This is neat. But. Docker isn't sandboxing in a security sense. It's sandboxing ...

jeswin · on Feb 22, 2015

> Given an unfriendly app, Docker is no different from running the unfriendly app directly.

I understand the risk of a kernel zero-day. But for Desktop apps, when used in conjunction with SELinux, can't Docker be considered to provide a level of sandboxing? In fact, I have not heard of any container breakouts. AFAIK, the only incidence that came close (but only worked on unpatched Docker) was https://news.ycombinator.com/item?id=7909622 and this was before their 1.0 release.

I'd like to hear your thoughts since a project I'm working on assumes that in a year's time containers will provide a Sandboxing alternative for server-side use. I can see some companies doing this already.

EDIT: X11 issues aside, as mentioned above by alexlarsson

geofft · on Feb 22, 2015

Without user namespaces (CLONE_NEWUSER), which Docker currently doesn't use, uid 0 inside a container is the same thing as uid 0 outside it. If you let Docker run apps as root, which seems to be not uncommon, then it is, in a strong sense, the same as the root user outside the container. That's why Jessie's gparted process can partition her disk: as long as it can get at the device node, it has full permissions on it.

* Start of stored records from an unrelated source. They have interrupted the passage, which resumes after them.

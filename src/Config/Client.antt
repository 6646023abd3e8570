-- ===== src/Config/Client.antt =====
-- internal/config/config.go: the client's configuration and its validation.
use g_tun.Prelude.{
  ◌≤◌, ◌≡◌, refl, ◌≢◌, ◌↔◌, inl, inr, Bytes, codes, bytes_eq, bytes_eq_iff, bytes_ne,
  bytes_eq-cases, bytes_eq-false, length, Bool, false, ◌&&◌, not, [], arith, if◌then◌else◌,
}
use g_tun.Result.{Result, ok, ◌>>◌, fail_if, >>-inv, fail_if-inv, sni_required, no_remote_host}
use g_tun.Proto.{Name, parse, stealth, supported}
use g_tun.Proto.Classes.{IsOneOf, parse_iff}
use g_tun.Config.Fields.{
  IsPort, IsHostPort, validate_port, validate_host_port, validate_token, validate_port_sound,
  validate_host_port_sound, validate_token_sound, validate_port_complete,
  validate_host_port_complete, validate_token_complete,
}

pub record Client : Type 0 where
  pub control_address : Bytes
  pub remote_host : Bytes
  pub listen_address : Bytes
  pub token : Bytes
  pub protocol : Name
  pub data_port : Bytes
  pub stealth_sni : Bytes
  pub stealth_ca_file : Bytes
  pub tls_cert_path : Bytes

lacks_sni : Client → Bool
lacks_sni c = bytes_eq c.protocol stealth && bytes_eq c.stealth_sni []

validate_static : Client → Result (Unit {0})
unfolding lacks_sni
validate_static c = do
  parse c.protocol
  validate_port (codes "data_port") c.data_port
  fail_if (lacks_sni c) sni_required

-- The first branch: a fixed protocol, or a control server.
validate_mode : Client → Result (Unit {0})
unfolding validate_static
validate_mode c =
    if not (bytes_eq c.protocol [])
    then validate_static c
    else validate_host_port (codes "control_server_address") c.control_address

unfoldable pub validate : Client → Result (Unit {0})
unfolding validate_mode
validate c = do
  validate_mode c
  fail_if (bytes_eq c.remote_host []) no_remote_host
  validate_host_port (codes "local_listen_port") c.listen_address
  validate_token c.token

-- A fixed transport that the client can run with.
pub record IsStatic (c : Client) : Type 0 where
  pub known : IsOneOf c.protocol supported
  pub data_port : IsPort c.data_port
  pub sni : c.protocol ≡ stealth → c.stealth_sni ≢ []

pub record IsValid (c : Client) : Type 0 where
  pub static : c.protocol ≢ [] → IsStatic c
  pub dynamic : c.protocol ≡ [] → IsHostPort (codes "control_server_address") c.control_address
  pub remote_host : c.remote_host ≢ []
  pub listen_address : IsHostPort (codes "local_listen_port") c.listen_address
  pub token : 16 ≤ length c.token

module _ (c : Client) where
  sni_sound : lacks_sni c ≡ false → c.protocol ≡ stealth → c.stealth_sni ≢ []
  unfolding lacks_sni
  sni_sound h p e = ground (arith, bytes_eq_iff c.protocol stealth, bytes_eq_iff c.stealth_sni [])

  sni_complete : IsStatic c → lacks_sni c ≡ false
  unfolding lacks_sni
  sni_complete v =
      ground (arith, v.sni, bytes_eq_iff c.protocol stealth, bytes_eq_iff c.stealth_sni [])

  IsStatic-sound : validate_mode c ≡ ok tt → c.protocol ≢ [] → IsStatic c
  unfolding validate_mode
  IsStatic-sound h ne =
      >>-inv (parse c.protocol) _ (rw (bytes_ne c.protocol [] ne) at h) λ n known h1.
        >>-inv (validate_port _ c.data_port) _ h1 λ _ port h2. record {
          known = ((parse_iff c.protocol n).0 known).1;
          data_port = validate_port_sound _ _ port;
          sni = sni_sound (fail_if-inv _ _ h2);
        }

  dynamic_sound :
      validate_mode c ≡ ok tt
      → c.protocol ≡ []
      → IsHostPort (codes "control_server_address") c.control_address
  unfolding validate_mode
  dynamic_sound h e = validate_host_port_sound _ _ (rw ((bytes_eq_iff c.protocol []).1 e) at h)

  mode_complete : IsValid c → validate_mode c ≡ ok tt
  unfolding validate_mode
  mode_complete v = elim (bytes_eq-cases c.protocol []) [
    | inl (e, p) ↦ rw e (validate_host_port_complete _ _ (v.dynamic p))
    | inr (e, ne) ↦ rw (
      e,
      (parse_iff c.protocol c.protocol).1 (refl, (v.static ne).known),
      validate_port_complete (codes "data_port") c.data_port (v.static ne).data_port,
      sni_complete (v.static ne),
    )
  ]

  validate_sound : validate c ≡ ok tt → IsValid c
  unfolding validate
  validate_sound h = >>-inv (validate_mode c) _ h λ _ mode h1.
      >>-inv (fail_if (bytes_eq c.remote_host []) _) _ h1 λ _ host h2.
        >>-inv (validate_host_port _ c.listen_address) _ h2 λ _ listen h3. record {
          static = IsStatic-sound mode;
          dynamic = dynamic_sound mode;
          remote_host = bytes_eq-false c.remote_host [] (fail_if-inv _ _ host);
          listen_address = validate_host_port_sound _ _ listen;
          token = validate_token_sound _ h3;
        }

  validate_complete : IsValid c → validate c ≡ ok tt
  unfolding validate
  validate_complete v =
      rw
        (
          mode_complete v,
          bytes_ne c.remote_host [] v.remote_host,
          validate_host_port_complete (codes "local_listen_port") c.listen_address v.listen_address,
        )
        (validate_token_complete c.token v.token)

  -- The client's `validate` accepts exactly the configurations that either fix a supported protocol
  -- with a port number (and a server name, for stealth) or leave the protocol empty and name a
  -- control server, and that have a remote host, a listening address and a token of 16 bytes or
  -- more.
  pub client_validate_iff : (validate c ≡ ok tt) ↔ IsValid c
  client_validate_iff = (validate_sound, validate_complete)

Apart from things that you've explicitly given it access to (like device nodes), the risk of zero-days is higher because these sorts of things aren't quite zero-days: it's not fundamentally a violation of the kernel's security model for uid 0 to be able to do root-y things. You might want it to be unable to, and you might mostly succeed by not exposing certain device nodes, using a process namespace (CLONE_NEWPID) so it can't attach itself as a debugger to other things on the system, etc. etc. But there's no intent in the kernel to make this safe. It's mostly an emergent feature of other things, and emergent features make bad security features.

What you can do is run as not root, which still makes you the same as some other UID on the system, but guarantees that you're not risking increasing privileges. User namespaces give you a few additional features here: first, even the process of entering a chroot / container doesn't require root or a setuid binary, which is neat. Second, even if you're root inside the container, you're not root on the host system in the same sense, and it's just kernel code that's checking for uid == 0 (which should almost all be gone, since they changed the uid_t type in userns-enabled kernels) that thinks you're root.

SELinux might be able to help you here, and I'm not really familiar with what the standard recommendations for SELinux and Docker are. I'd basically consider applying it as if the container didn't exist: if you're comfortable with something running as root with SELinux confinement, then it's definitely fine to run as root inside Docker with SELinux confinement. If not, I wouldn't risk it.

For server containment, you should take a look at https://sandstorm.io/ , which uses user namespaces and runs apps as uid 1000 inside the namespace. This means that it's running with no more privilege than the host user in the worst case.

kentonv · on Feb 22, 2015

The reason you don't hear about Docker breakouts is because Docker never claimed to be a secure sandbox in the first place, so a breakout is a non-event.

Note that local privilege escalation exploits in Linux are found regularly, like on a monthly basis, and every one is likely a Docker breakout.

geofft mentioned Sandstorm -- my project -- which actually does claim to be a sandbox, and isn't affected by most of these kernel exploits. Here's a blog post discussing the differences:

https://blog.sandstorm.io/news/2014-08-13-sandbox-security.h...